Assessment of stability at the time of insertion may be done to determine the prognosis or to decide whether early or even immediate loading can be performed.45 In the literature, ISQ measurements obtained during the early phases of the healing period revealed greater implant stability in the high crestal cortical bone, and a significant correlation between bone quality and ISQ values; these findings are in accordance with findings of the current study.46,47
During the first weeks of healing, bone modeling and remodeling take place around the implant surface. This phase with the formation of lamellar bone from woven bone may cause a decrease in primary bone contact.4 Data on higher implant survival with dense bone types also support results of previous studies. Bischof et al stated that implant stability varied according to jaw and bone type; the mean ISQ remained stable during the first 4–6 weeks and then increased noticeably, but did not reveal any decrease in implant stability in the delayed loaded or initially loaded group.33 The finding that the bone-implant interface transitions through an adaptive phase of lowered stability and back to a more stable configuration over a 60-day period is consistent with previous studies.48
In the current study, we computed the resonance frequencies of implants using various bone types classified in 5 different groups, similar to the classification used by Lekholm and Zarb8 (Figure 2). Our results show that the implant installed in D2-type bone has the highest resonance frequency.
According to Balshi et al,48 because of the amount of cortical and trabecular bone, type 1 bone had the highest primary stability but showed the greatest decrease in mean ISQ in the first 30 days. Bone types 2 and 3 showed more consistent return of primary stability, and bone types 1 and 4 did not. Therefore, investigators suggested that bone types 2 and 3 would be advocated for an immediate loading protocol, because of their combined innate stability and regenerative capabilities. However, a correlation between bone type and changes in implant stability could not be confirmed. In the current study, investigators noted that a decrease in stability from the time of implant insertion to the 21st day postsurgery was followed by an increase in stability approaching the original stability level. This is supported by several other studies,33 but the decrease in ISQ values was less reflective of results reported in the literature.

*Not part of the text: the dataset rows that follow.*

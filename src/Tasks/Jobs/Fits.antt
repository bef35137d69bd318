-- ===== src/Tasks/Jobs/Fits.antt =====
-- near-fetch/src/lib.rs: where a task is in `fetch_nonce` and where it is in `send_tx_once`, side by
-- side.
use near_fetch.Prelude.{
  ℕ, Option, none, some, ◌≡◌, ◌≢◌, refl, sym, ◌∙◌, ap, arith, ℕ_discrete, ◌⊎◌, inl, inr,
}
use mathlib.Core.Path.{subst}
use mathlib.Core.Option.{some-injective}
use near_fetch.Near.{Near}
use near_fetch.Effects.{CacheKey, update}
use near_fetch.Tasks.Jobs.{Stage, taking, asking, Jobs}
use near_fetch.Tasks.{Place, idle, looking, viewing, upgrading, entering, occupied, fetching}

module _ ⦃near : Near⦄ where
  -- the key that a task has no nonce for yet, inside `fetch_nonce`
  abbrev pub asks : Place → Option CacheKey
  asks (looking k) = some k
  asks (upgrading k) = some k
  asks (entering k) = some k
  asks (fetching k) = some k
  asks _ = none

  -- the key and the nonce that it has taken for it
  abbrev pub takes : Place → Option (CacheKey × ℕ)
  takes (viewing k n) = some (k, n)
  takes (occupied k n) = some (k, n)
  takes _ = none

  abbrev pub Fits : Stage → Place → Type 0
  Fits (asking _ k) q = (q ≡ idle) ⊎ (asks q ≡ some k)
  Fits (taking _ c) q = takes q ≡ some (c.key, c.nonce)
  Fits _ q = q ≡ idle

  asks-takes : (q : Place) (k : CacheKey) → asks q ≡ some k → takes q ≡ none
  asks-takes (viewing j n) k a = ground (arith, a)
  asks-takes (occupied j n) k a = ground (arith, a)
  asks-takes q k a = refl

  -- A task that is inside `fetch_nonce` is not idle.
  pub asks-busy : (q : Place) (k : CacheKey) → asks q ≡ some k → q ≢ idle
  asks-busy q k a e = ground (arith, a, e)

  pub takes-busy : (q : Place) (k : CacheKey) (n : ℕ) → takes q ≡ some (k, n) → q ≢ idle
  takes-busy q k n a e = ground (arith, a, e)

  pub asks-asking :
      (p : Stage) (q : Place) (k : CacheKey)
      → asks q ≡ some k
      → Fits p q
      → (ck : CacheKey) × (p ≡ asking ck k)
  asks-asking (asking ck j) q k a (inl e) = absurd (asks-busy q k a e)
  asks-asking (asking ck j) q k a (inr e) = (ck, ap (asking ck) (some-injective _ _ (sym e ∙ a)))
  asks-asking (taking ck c) q k a e = absurd (ground (arith, asks-takes q k a, e))
  asks-asking p q k a e = absurd (asks-busy q k a e)

  pub takes-taking :
      (p : Stage) (q : Place) (k : CacheKey) (n : ℕ)
      → takes q ≡ some (k, n)
      → Fits p q
      → (ck : CacheKey) × (e : ℕ) × (p ≡ taking ck (record { key = k; epoch = e; nonce = n }))
  takes-taking (asking ck j) q k n a (inl e) = absurd (takes-busy q k n a e)
  takes-taking (asking ck j) q k n a (inr e) = absurd (ground (arith, asks-takes q j e, a))
  takes-taking (taking ck c) q k n a e =
      let same = some-injective _ _ (sym e ∙ a) in
      (
        ck,
        c.epoch,
        λ i. taking ck (record { key = (same i).0; epoch = c.epoch; nonce = (same i).1 }),
      )
  takes-taking p q k n a e = absurd (takes-busy q k n a e)

  -- Every task's place fits its stage.
  abbrev pub AllFit : Jobs → Type 0
  AllFit s = (i : ℕ) → Fits (s.stage i) (s.cache.place i)

  -- One task goes on, in its stage and at its place.
  pub both_fit :
      (i : ℕ) (p : Stage) (q : Place) (stage : ℕ → Stage) (place : ℕ → Place)
      → Fits p q
      → ((j : ℕ) → Fits (stage j) (place j))
      → (j : ℕ) → Fits (update stage i p j) (update place i q j)
  both_fit i p q stage place new fits j = elim (ℕ_discrete i j) [
    | yes e ↦
        let staged : update stage i p j ≡ p = ground (arith, e) in
        let placed : update place i q j ≡ q = ground (arith, e) in
        subst (λ x. Fits x (update place i q j)) (sym staged) (subst (Fits p) (sym placed) new)
    | no ne ↦
        let staged : update stage i p j ≡ stage j = ground (arith, ne) in
        let placed : update place i q j ≡ place j = ground (arith, ne) in
        subst (λ x. Fits x (update place i q j)) (sym staged)
          (subst (Fits (stage j)) (sym placed) (fits j))
  ]

  pub place-Fits :
      (i : ℕ) (q : Place) (stage : ℕ → Stage) (place : ℕ → Place)
      → Fits (stage i) q
      → ((j : ℕ) → Fits (stage j) (place j))
      → (j : ℕ) → Fits (stage j) (update place i q j)
  place-Fits i q stage place new fits j = elim (ℕ_discrete i j) [
    | yes e ↦
        let placed : update place i q j ≡ q = ground (arith, e) in
        subst (Fits (stage j)) (sym placed) (subst (λ l. Fits (stage l) q) e new)
    | no ne ↦
        let placed : update place i q j ≡ place j = ground (arith, ne) in
        subst (Fits (stage j)) (sym placed) (fits j)
  ]

  -- the same for a stage of one's own: not in `fetch_nonce`, so idle there
  pub stage-Fits :
      (i : ℕ) (p : Stage) (stage : ℕ → Stage) (place : ℕ → Place)
      → Fits p (place i)
      → ((j : ℕ) → Fits (stage j) (place j))
      → (j : ℕ) → Fits (update stage i p j) (place j)
  stage-Fits i p stage place new fits j = elim (ℕ_discrete i j) [
    | yes e ↦
        let staged : update stage i p j ≡ p = ground (arith, e) in
        subst (λ x. Fits x (place j)) (sym staged) (subst (λ l. Fits p (place l)) e new)
    | no ne ↦
        let staged : update stage i p j ≡ stage j = ground (arith, ne) in
        subst (λ x. Fits x (place j)) (sym staged) (fits j)
  ]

On the basis of this result, immediate loading protocols can be used for soft-bone implantation, but a 60-day healing period is needed after implant insertion. Nedir et al34 suggested that for implants with high ISQ values, reduced implant stability during the first 12 weeks of healing is considered a common event that should not require alterations to routine follow-up.
The resonance frequency of a dental implant with similar design and surface would be associated only with its boundary conditions, such as surrounding bone quality and tissue response at the recipient site. In this regard, in the present study, the only variable of significance observed to affect the implant stability measurement seems to be the type of bone at the recipient site. It has been advocated that in dense bone, no or only a short healing period may be needed, although prolonged healing may be desirable with softer bone densities. However, given the findings of the current clinical study, it can be concluded that bone quality in the recipient bone site does not effect changes in implant stability at the early stages of the osseointegration process.